BEGIN Exercise input

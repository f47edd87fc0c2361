-- ===== src/TimerHeap/Delete.antt =====
-- `timer_heap_delete` of kernel/timer_heap.c deletes a request in the middle of the heap.
use native.Mathlib.Decide.{dec_lt}
use picokernel.Prelude.{
  ℕ, ◌+◌, ◌/◌, ◌^◌, ◌≤◌, ◌<◌, ◌≡◌, refl, ◌∙◌, ap, sym, arith, Bool, ◌==◌, if◌then◌else◌, ==_refl,
  ne→==, false, some, ltb, lt→ltb, nlt→ltb, not, ◌&&◌,
}
use picokernel.State.{Ptr, null, Request, Kernel, dec_size}
use picokernel.TimerHeap.{max_depth, bubble_up, bubble_down, with_requests, delete}
use picokernel.TimerHeap.Link.{placed_old}
use picokernel.TimerHeap.Insert.{IsHeap}
use picokernel.TimerHeap.Remove.{
  whole, last, find_last-at, exchanged, exchanged-Layout, exchanged-at, after, here, up, down,
  restored, Removed,
}

module _ {k : Kernel} {at : ℕ → Ptr} (v : IsHeap k at) (m : ℕ) (size : k.timer_heap_size ≡ m + 1)
    (pos : 0 < m) (small : m + 1 < 2 ^ 63) where
  module _ (p : ℕ) (lo : 0 < p) (hi : p ≤ m) where
    abbrev g : Ptr → Request
    g = exchanged v m size pos small p lo hi

    -- Whether the payload that came to position `p` is due before the one above.
    rises : Bool
    rises =
        not ((g (at p)).parent == null)
        && ltb (g (at p)).deadline_ns (g (g (at p)).parent).deadline_ns

    delete_run :
        delete k (at p)
        ≡ with_requests
            (after v m size pos small p lo hi)
            (if rises then bubble_up max_depth (at p) g else bubble_down max_depth (at p) g)
    unfolding delete rises
    delete_run =
        let alone : (m + 1 == 1) ≡ false = ground arith in
        let none_there : (m + 1 == 0) ≡ false = ground arith in
        let less : dec_size (m + 1) ≡ m = omega arith in
        let other : (at p == last v m size pos small) ≡ false =
          ne→== (at p) (last v m size pos small) λ e. absurd (
            omega (
              arith,
              (whole v m size pos small).distinct p (m + 1) lo (omega arith) (omega arith)
                  (omega arith) e,
            )) in
        rw
          (
            delete,
            find_last-at v m size pos small,
            size,
            here v m size pos small p lo (omega arith),
            none_there,
            alone,
            here v m size pos small (m + 1) (omega arith) (omega arith),
            other,
            less,
          )
          refl

    parent-at : (g (at p)).parent ≡ at (p / 2)
    parent-at =
        let w = exchanged-Layout v m size pos small p lo hi in
        ap (λ a. (g a).parent) (sym (placed_old at (m + 1) null p (omega arith)))
        ∙ w.parent p lo hi
        ∙ placed_old at (m + 1) null (p / 2) (omega arith)

    deadline-at :
        (c : ℕ)
        → 0 < c
        → c ≤ m
        → (g (at c)).deadline_ns ≡ (
            if c == p
            then (k.requests (last v m size pos small)).deadline_ns
            else (k.requests (at c)).deadline_ns)
    deadline-at c c0 c1 =
        ap (λ a. (g a).deadline_ns) (sym (placed_old at (m + 1) null c (omega arith)))
        ∙ exchanged-at v m size pos small p lo hi c c0 c1

    rises_if :
        1 < p
        → rises
          ≡ ltb
              (k.requests (last v m size pos small)).deadline_ns
              (k.requests (at (p / 2))).deadline_ns
    unfolding rises
    rises_if p0 =
        let other : (p / 2 == p) ≡ false = ground arith in
        rw
          (
            parent-at,
            here v m size pos small (p / 2) (omega arith) (omega arith),
            deadline-at p lo hi,
            deadline-at (p / 2) (omega arith) (omega arith),
            ==_refl p,
            other,
          )
          refl

    rises_root : ¬ (1 < p) → rises ≡ false
    unfolding rises
    rises_root out =
        let top : at (p / 2) ≡ null =
          let zero_th : p / 2 ≡ 0 = omega arith in rw zero_th (whole v m size pos small).above in
        rw (parent-at, top) refl

    -- For an ordered heap of two to 2 ^ 63 - 2 requests, `timer_heap_delete` of any but the last one
    -- ends and the heap is then an ordered heap of one request less, whose payloads are those of
    -- before without the deleted one. The request that leaves the heap, with that payload, is the one
    -- that stood last.
    pub delete-IsHeap :
        (k' : Kernel) × (delete k (at p) ≡ some k') × Removed v m size pos small p lo hi k'
    delete-IsHeap = elim (dec_lt 1 p) [
      | no root ↦
          let (k', e, r) =
            restored v m size pos small p lo hi _
              (down v m size pos small p lo hi (λ l. absurd (root l))) in
          (k', delete_run ∙ rw (rises_root root) e, r)
      | yes more ↦
          elim (dec_lt (k.requests (last v m size pos small)).deadline_ns
            (k.requests (at (p / 2))).deadline_ns) [
              | yes less ↦
                  let (k', e, r) =
                    restored v m size pos small p lo hi _
                      (up v m size pos small p lo hi more less) in
                  (k', delete_run ∙ rw (rises_if more, lt→ltb _ _ less) e, r)
              | no fine ↦
                  let (k', e, r) =
                    restored v m size pos small p lo hi _
                      (down v m size pos small p lo hi (λ _. omega arith)) in
                  (k', delete_run ∙ rw (rises_if more, nlt→ltb _ _ fine) e, r)
            ]
    ]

END Exercise input

* _What to produce_
One number is all the reply should hold: how many lines in these records include the word "absurd".

* _Solution_
2